I also found that in a few videos, right in the middle of a segment, someone had a technical glitch, not in the video file itself (the gremlins mentioned above) but during their presentation. So, suddenly, there were 2 minutes of dead/non-interesting problem-solving. Or there was a bio break in the middle of a meeting. For all of them, I parse the video before the glitch or break, and again afterwards, and then just delete the glitchy segment in between. As a small hint, I find that it is easiest to focus on the linked audio track during this type of editing to avoid cutting someone off mid-sentence before or after. It’s easy to see on the audio track where there is a quiet pause to splice. In one video I was editing for another purpose, the person had a small coughing fit in the middle which was easy to remove by looking at the audio track before and after.
F. Fancy it up
Once I have all the pieces in order in the video (i.e., opening, disclaimer, trimmed segment, thank you page at the minimum), I go back and add any effects to improve the overall video. Since none of the pieces were designed to flow into each other, it can seem a bit jumpy at times when the screen changes between one of the four elements. I like to add very simple fades so that the previous part goes dark, and the new one opens up, which I do as .5-1s fades. Like the transitions on TV from shows to commercials and back again. In some cases, I found I had to add an audio fade-in of about a second (it slowly ramps up to normal volume) where someone cleared their throat as they started to speak. Since there was no real “gap” between the throat-clearing and the talking, it was too jumpy to try and parse that out. Instead, by adding a fade-in, it was less noticeable in the final video.

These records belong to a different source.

-- ===== src/Document/Positions/Lines.antt =====
-- crdt_editor/src/document.cpp: lines, their lengths, and the places that clamp_position gives.
use crdt_networking_applicat.Prelude.{
  ℕ, suc, ◌+◌, ◌-◌, ◌<◌, ◌≤◌, min, ◌≡◌, refl, ap, ◌∙◌, ◌⊎◌, inl, inr, Bool, true, false, Option,
  none, some, List, [], ◌∷◌, In, arith, if◌then◌else◌, ◌==◌, ltb, leb, Bool-cases, Option-cases,
}
use crdt_networking_applicat.Prelude.Maps.{is_some}
use crdt_networking_applicat.Ids.{ElementId, root_id}
use crdt_networking_applicat.Operation.{InsertOperation}
use crdt_networking_applicat.Outcome.{ok, ◌>>=◌}
use crdt_networking_applicat.Document.{Document}
use crdt_networking_applicat.Document.History.{Holds}
use crdt_networking_applicat.Document.Visit.{newline, Place, start, past, at_place}
use crdt_networking_applicat.Document.Visit.Fold.{visible, fold_each, visit_document-fold}
use crdt_networking_applicat.Document.Visit.Render.{char_of, get_character-ok}
use crdt_networking_applicat.Document.Queries.{
  LineScan, line_length_step, line_length_result, get_line_length, line_count_step, get_line_count,
  clamp_position, get_anchor_at,
}
use crdt_networking_applicat.Document.Positions.{
  anchor, get_anchor_at-anchor, AllThere, visible-AllThere,
}

-- the newlines of the elements
unfoldable pub newlines : Document → List ElementId → ℕ
newlines d [] = 0
newlines d (y ∷ ys) = let rest = newlines d ys in if char_of d y == newline then suc rest else rest

-- the length of line `t`, where the first of the list stands in line `l`, `k` behind its start
unfoldable pub line_size : Document → ℕ → ℕ → ℕ → List ElementId → ℕ
line_size d t l k [] = k
line_size d t l k (y ∷ ys) =
    let below = line_size d t (l + 1) k ys in
    let same = line_size d t l k ys in
    let longer = line_size d t l (k + 1) ys in
    if l == t
    then (if char_of d y == newline then k else longer)
    else (if char_of d y == newline then below else same)

abbrev pub sized : Bool → ℕ → Option ℕ
sized true n = some n
sized false n = none

module _ (d : Document) where
  count_search :
      (xs : List ElementId) (n : ℕ)
      → AllThere d xs
      → fold_each (line_count_step d) xs n ≡ ok (n + newlines d xs)
  unfolding line_count_step newlines AllThere
  count_search [] n h = ap ok (omega arith)
  count_search (y ∷ ys) n h = elim (Bool-cases (char_of d y == newline)) [
    | inl e ↦
        rw (get_character-ok d y (h y (inl refl)), e)
          (count_search ys (n + 1) (λ z m. h z (inr m)) ∙ ap ok (omega arith))
    | inr e ↦ rw (get_character-ok d y (h y (inl refl)), e) (count_search ys n (λ z m. h z (inr m)))
  ]

  -- Behind the line nothing changes.
  behind_line :
      (t : ℕ) (xs : List ElementId) (s : LineScan)
      → AllThere d xs
      → t < s.current_line
      → (fold_each (line_length_step d t) xs s >>= λ r. ok (line_length_result t r))
        ≡ ok (some s.scanned)
  unfolding line_length_step line_length_result AllThere
  behind_line t [] s h b = ground arith
  behind_line t (y ∷ ys) s h b =
      let later : ltb t s.current_line ≡ true = ground arith in
      rw (get_character-ok d y (h y (inl refl)), later) (behind_line t ys s (λ z m. h z (inr m)) b)

  length_search :
      (t : ℕ) (xs : List ElementId) (l k : ℕ)
      → AllThere d xs
      → l ≤ t
      → (fold_each (line_length_step d t) xs (record { current_line = l; scanned = k }) >>= λ r.
          ok (line_length_result t r))
        ≡ ok (sized (leb t (l + newlines d xs)) (line_size d t l k xs))
  unfolding line_length_step line_length_result newlines line_size AllThere
  length_search t [] l k h b = ground arith
  length_search t (y ∷ ys) l k h b =
      let later : ltb t l ≡ false = ground arith in
      let rest = λ (z : ElementId) (m : In z ys). h z (inr m) in
      rw (get_character-ok d y (h y (inl refl)), later)
        (elim (Bool-cases (l == t)) [
          | inl here ↦ elim (Bool-cases (char_of d y == newline)) [
            | inl e ↦
                rw (here, e)
                  (behind_line t ys (record { current_line = l + 1; scanned = k }) rest
                      (ground arith)
                    ∙ ap ok (ground arith))
            | inr e ↦ rw (here, e) (length_search t ys l (k + 1) rest b)
          ]
          | inr there ↦ elim (Bool-cases (char_of d y == newline)) [
            | inl e ↦
                rw (there, e)
                  (length_search t ys (l + 1) k rest (ground arith) ∙ ap ok (ground arith))
            | inr e ↦ rw (there, e) (length_search t ys l k rest b)
          ]
        ])

  -- Every column up to the length of a line is a place of the cursor.
  pub line_reached :
      (q p : Place) (xs : List ElementId) (k : ℕ) (previous : ElementId)
      → (p.line < q.line × (k ≡ 0)) ⊎ ((p.line ≡ q.line) × (k ≡ p.column) × (p.column ≤ q.column))
      → q.line ≤ p.line + newlines d xs
      → q.column ≤ line_size d q.line p.line k xs
      → is_some (anchor d q p previous xs) ≡ true
  unfolding newlines line_size anchor past
  line_reached q p [] k previous w e f = ground arith
  line_reached q p (y ∷ ys) k previous w e f = elim (Bool-cases (at_place p q)) [
    | inl here ↦ rw here
    | inr there ↦ elim (Bool-cases (char_of d y == newline)) [
      | inl n ↦
          rw (there, n)
            (line_reached q (record { line = p.line + 1; column = 0 }) ys k y (ground arith)
              (ground arith) (ground arith))
      | inr n ↦
          let next : Place = record { line = p.line; column = p.column + 1 } in
          rw (there, n)
            (elim w [
              | inl above ↦ line_reached q next ys k y (inl above) (ground arith) (ground arith)
              | inr (same, at_end, within) ↦
                  line_reached q next ys (k + 1) y (inr (same, omega arith, ground arith))
                    (ground arith) (ground arith)
            ])
    ]
  ]

module _ {T : InsertOperation → Type 0} {R : ElementId → Type 0} {d : Document}
    (v : Holds T R d) where
  get_line_count-newlines : get_line_count d ≡ ok (1 + newlines d (visible d))
  unfolding get_line_count
  get_line_count-newlines =
      visit_document-fold v (line_count_step d) 1
      ∙ count_search d (visible d) 1 (visible-AllThere v)

  pub get_line_length-line_size :
      (t : ℕ)
      → get_line_length d t
        ≡ ok (sized (leb t (0 + newlines d (visible d))) (line_size d t 0 0 (visible d)))
  unfolding get_line_length
  get_line_length-line_size t =
      rw (visit_document-fold v (line_length_step d t) (record { current_line = 0; scanned = 0 }))
        (length_search d t (visible d) 0 0 (visible-AllThere v) (omega arith))

  -- In a document that some history of operations leaves, the lines are numbered from 0: a line
  -- has a length if its number is below get_line_count, and none otherwise.
  pub get_line_length-get_line_count :
      (t : ℕ)
      → (count : ℕ) × (size : ℕ) × (get_line_count d ≡ ok count)
        × (get_line_length d t ≡ ok (if ltb t count then some size else none))
  get_line_length-get_line_count t = (
    1 + newlines d (visible d),
    line_size d t 0 0 (visible d),
    get_line_count-newlines,
    get_line_length-line_size t ∙ ap ok (ground arith),
  )

  -- In a document that some history of operations leaves, clamp_position returns, for whatever
  -- place is asked for, a place where get_anchor_at finds an anchor, not behind the line or the
  -- column that was asked for.
  pub clamp_position-get_anchor_at :
      (requested : Place)
      → (p : Place) × (a : ElementId) × (clamp_position d requested ≡ ok p)
        × (get_anchor_at d p ≡ ok (some a))
        × (p.line ≤ requested.line)
        × (p.column ≤ requested.column)
  unfolding clamp_position
  clamp_position-get_anchor_at requested =
      let n = newlines d (visible d) in
      let line = min requested.line n in
      let size = line_size d line 0 0 (visible d) in
      let p : Place = record { line = line; column = min requested.column size } in
      let reached =
        line_reached d p start (visible d) 0 root_id (ground arith) (omega arith) (omega arith) in
      let below : 1 + n - 1 ≡ n = omega arith in
      let some_line : (1 + n == 0) ≡ false = ground arith in
      let there : leb line (0 + n) ≡ true = ground arith in
      elim (Option-cases (anchor d p start root_id (visible d))) [
        | inl e ↦ absurd (cc (rw e at reached))
        | inr (a, found) ↦ (
          p,
          a,
          rw (get_line_count-newlines, below, some_line, get_line_length-line_size line, there),
          get_anchor_at-anchor v p ∙ ap ok found,
          omega arith,
          omega arith,
        )
      ]
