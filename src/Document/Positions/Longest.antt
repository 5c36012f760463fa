-- ===== src/Document/Positions/Longest.antt =====
-- Document::get_max_line_length of crdt_editor/src/document.cpp.
use crdt_networking_applicat.Prelude.{
  ℕ, ◌+◌, max, ◌≡◌, refl, inl, inr, ◌==◌, List, [], ◌∷◌, In, Bool-cases,
}
use crdt_networking_applicat.Ids.{ElementId}
use crdt_networking_applicat.Operation.{InsertOperation}
use crdt_networking_applicat.Outcome.{ok}
use crdt_networking_applicat.Document.{Document}
use crdt_networking_applicat.Document.History.{Holds}
use crdt_networking_applicat.Document.Visit.{newline}
use crdt_networking_applicat.Document.Visit.Fold.{visible, fold_each, visit_document-fold}
use crdt_networking_applicat.Document.Visit.Render.{char_of, get_character-ok}
use crdt_networking_applicat.Document.Queries.{MaxScan, max_length_step, get_max_line_length}
use crdt_networking_applicat.Document.Positions.{AllThere, visible-AllThere}

max_search :
    (d : Document) (xs : List ElementId) (s : MaxScan)
    → AllThere d xs
    → (t : MaxScan) × (fold_each (max_length_step d) xs s ≡ ok t)
unfolding max_length_step AllThere
max_search d [] s h = (s, refl)
max_search d (y ∷ ys) s h =
    let rest = λ (z : ElementId) (m : In z ys). h z (inr m) in
    elim (Bool-cases (char_of d y == newline)) [
      | inl e ↦
          let (t, found) =
            max_search d ys
              (record { max_length = max s.max_length s.current_length; current_length = 0 })
              rest in
          (t, rw (get_character-ok d y (h y (inl refl)), e) found)
      | inr e ↦
          let (t, found) =
            max_search d ys (record s { current_length = s.current_length + 1 }) rest in
          (t, rw (get_character-ok d y (h y (inl refl)), e) found)
    ]

pub get_max_line_length-ok :
    {T : InsertOperation → Type 0} {R : ElementId → Type 0} {d : Document}
    → Holds T R d
    → (n : ℕ) × (get_max_line_length d ≡ ok n)
unfolding get_max_line_length
get_max_line_length-ok {d = d} v =
    let none_yet : MaxScan = record { max_length = 0; current_length = 0 } in
    let (t, longest) = max_search d (visible d) none_yet (visible-AllThere v) in
    (
      max t.max_length t.current_length,
      rw (visit_document-fold v (max_length_step d) none_yet, longest) refl,
    )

Almost all video editors allow for the addition of video and audio fades. And just for fun, VideoPad provides a bunch of stock musical clips from classic to blues to liven up the file (which are often great over slow transition slides). I added them to the long meeting videos, 4s clips here and there, a very short interlude to show a formal transition to a new segment, and a longer clip for a simulated bio break. There was no benefit to adding them to the IAD videos, and if you were watching a bunch in a row, the effect would get cheesy pretty fast, so I left them off. I am not positive it adds much to the longer videos either, but it’s an option.
G. Exporting the video
Most people find it a bit “odd” that you have to “export the video”…they think that, instead, you should just “save” it. Technically, almost all video editors work the same way, and you are not actually editing the video file. What you are working in is a project workspace that adds in a whole bunch of pieces into an ordered tabled of contents, and when you save, you’re saving that workspace. It means later you can come back and edit a piece, adjust some elements, and you aren’t having to RE-EDIT the actual video multiple times.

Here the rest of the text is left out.